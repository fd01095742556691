-- ===== src/Utils.antt =====
-- src/common/frame/utils.h and utils.cpp: the hash, and the tests of account names and
-- passwords. Bytes are numbers below 256; a `char` in a name is a
-- signed number, and a string an array of them.
pub mod Checks
pub mod Hash
mod Tests
use Prim.Native.Nat.{bit_xor}
use play_frame.Common.{ℕ, zero, suc, ◌+◌, ◌-◌, ◌*◌, ◌%◌, ◌^◌, Bool, ◌&&◌, ◌||◌, if◌then◌else◌}
use play_frame.Common.Int.{ℤ, pos, negsuc, ltb_ℤ}
use play_frame.Common.Run.{Run, ok, ◌>>=◌}
use play_frame.Common.Array.{Array, load}

-- One round of the `while` of Fnv64aHash, after the byte has been mixed in.
abbrev pub fnv_shifts : ℕ → ℕ
fnv_shifts hval =
    (hval
      + (hval * 2 ^ 1 % 2 ^ 64
          + hval * 2 ^ 4 % 2 ^ 64
          + hval * 2 ^ 5 % 2 ^ 64
          + hval * 2 ^ 7 % 2 ^ 64
          + hval * 2 ^ 8 % 2 ^ 64
          + hval * 2 ^ 40 % 2 ^ 64)
        % 2 ^ 64)
    % 2 ^ 64

-- The `while`, with the rounds left, the position of `bp` and `hval`.
fnv_loop : ℕ → ℕ → Array ℕ → ℕ → Run ℕ
fnv_loop zero bp buf hval = ok hval
fnv_loop (suc n) bp buf hval = do
  byte ← load buf bp
  fnv_loop n (bp + 1) buf (fnv_shifts (bit_xor hval byte))

-- Fnv64aHash.
unfoldable pub fnv64a_hash : Array ℕ → ℕ → Run ℕ
unfolding fnv_loop
fnv64a_hash buf len = fnv_loop len 0 buf 0xcbf29ce484222325

-- `c < 'A' || (c > 'Z' && c < 'a') || c > 'z'`
abbrev pub not_letter : ℤ → Bool
not_letter c = ltb_ℤ c (pos 65) || (ltb_ℤ (pos 90) c && ltb_ℤ c (pos 97)) || ltb_ℤ (pos 122) c

-- `c < '0' || (c > '9' && c < 'A') || (c > 'Z' && c < 'a') || c > 'z'`
abbrev pub not_alnum : ℤ → Bool
not_alnum c =
    ltb_ℤ c (pos 48)
    || (ltb_ℤ (pos 57) c && ltb_ℤ c (pos 65))
    || (ltb_ℤ (pos 90) c && ltb_ℤ c (pos 97))
    || ltb_ℤ (pos 122) c

-- The `for` of both, with the rounds left, `i`, and what it returns at a wrong character.
check_chars : ℕ → ℕ → Array ℤ → ℤ → Run ℤ
check_chars zero i text wrong = ok (pos 0)
check_chars (suc n) i text wrong =
    let rest = check_chars n (i + 1) text wrong in
    load text i >>= λ c. if not_alnum c then ok wrong else rest

-- CheckAccount.
unfoldable pub check_account : Array ℤ → ℤ → Run ℤ
unfolding check_chars
check_account account (negsuc len) = ok (negsuc 0)
check_account account (pos len) =
    if ltb_ℤ (pos len) (pos 6) || ltb_ℤ (pos 32) (pos len) then ok (negsuc 0) else (do
      c ← load account 0
      if not_letter c then ok (negsuc 1) else check_chars (len - 1) 1 account (negsuc 2))

-- CheckPassword.
unfoldable pub check_password : Array ℤ → ℤ → Run ℤ
unfolding check_chars
check_password password (negsuc len) = ok (negsuc 0)
check_password password (pos len) =
    if ltb_ℤ (pos len) (pos 4) || ltb_ℤ (pos 16) (pos len)
    then ok (negsuc 0)
    else check_chars len 0 password (negsuc 1)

************

» **Your instructions**
Set down the complete listing once more, exactly as it stands above.

» **Response**
repository fd01095742556691
-- ===== src/Utils.antt =====
-- src/common/frame/utils.h and utils.cpp: the hash, and the tests of account names and
-- passwords. Bytes are numbers below 256; a `char` in a name is a
-- signed number, and a string an array of them.
pub mod Checks
pub mod Hash
mod Tests
use Prim.Native.Nat.{bit_xor}
use play_frame.Common.{ℕ, zero, suc, ◌+◌, ◌-◌, ◌*◌, ◌%◌, ◌^◌, Bool, ◌&&◌, ◌||◌, if◌then◌else◌}
use play_frame.Common.Int.{ℤ, pos, negsuc, ltb_ℤ}
use play_frame.Common.Run.{Run, ok, ◌>>=◌}
use play_frame.Common.Array.{Array, load}

-- One round of the `while` of Fnv64aHash, after the byte has been mixed in.
abbrev pub fnv_shifts : ℕ → ℕ
fnv_shifts hval =
    (hval
      + (hval * 2 ^ 1 % 2 ^ 64
          + hval * 2 ^ 4 % 2 ^ 64
          + hval * 2 ^ 5 % 2 ^ 64
          + hval * 2 ^ 7 % 2 ^ 64
          + hval * 2 ^ 8 % 2 ^ 64
          + hval * 2 ^ 40 % 2 ^ 64)
        % 2 ^ 64)
    % 2 ^ 64

-- The `while`, with the rounds left, the position of `bp` and `hval`.
fnv_loop : ℕ → ℕ → Array ℕ → ℕ → Run ℕ
fnv_loop zero bp buf hval = ok hval
fnv_loop (suc n) bp buf hval = do
  byte ← load buf bp
  fnv_loop n (bp + 1) buf (fnv_shifts (bit_xor hval byte))

-- Fnv64aHash.
unfoldable pub fnv64a_hash : Array ℕ → ℕ → Run ℕ
unfolding fnv_loop
fnv64a_hash buf len = fnv_loop len 0 buf 0xcbf29ce484222325

-- `c < 'A' || (c > 'Z' && c < 'a') || c > 'z'`
abbrev pub not_letter : ℤ → Bool
not_letter c = ltb_ℤ c (pos 65) || (ltb_ℤ (pos 90) c && ltb_ℤ c (pos 97)) || ltb_ℤ (pos 122) c

-- `c < '0' || (c > '9' && c < 'A') || (c > 'Z' && c < 'a') || c > 'z'`
abbrev pub not_alnum : ℤ → Bool
not_alnum c =
    ltb_ℤ c (pos 48)
    || (ltb_ℤ (pos 57) c && ltb_ℤ c (pos 65))
    || (ltb_ℤ (pos 90) c && ltb_ℤ c (pos 97))
    || ltb_ℤ (pos 122) c

-- The `for` of both, with the rounds left, `i`, and what it returns at a wrong character.
check_chars : ℕ → ℕ → Array ℤ → ℤ → Run ℤ
check_chars zero i text wrong = ok (pos 0)
check_chars (suc n) i text wrong =
    let rest = check_chars n (i + 1) text wrong in
    load text i >>= λ c. if not_alnum c then ok wrong else rest

-- CheckAccount.
unfoldable pub check_account : Array ℤ → ℤ → Run ℤ
unfolding check_chars
check_account account (negsuc len) = ok (negsuc 0)
check_account account (pos len) =
    if ltb_ℤ (pos len) (pos 6) || ltb_ℤ (pos 32) (pos len) then ok (negsuc 0) else (do
      c ← load account 0
      if not_letter c then ok (negsuc 1) else check_chars (len - 1) 1 account (negsuc 2))

-- CheckPassword.
unfoldable pub check_password : Array ℤ → ℤ → Run ℤ
unfolding check_chars
check_password password (negsuc len) = ok (negsuc 0)
check_password password (pos len) =
    if ltb_ℤ (pos len) (pos 4) || ltb_ℤ (pos 16) (pos len)
    then ok (negsuc 0)
    else check_chars len 0 password (negsuc 1)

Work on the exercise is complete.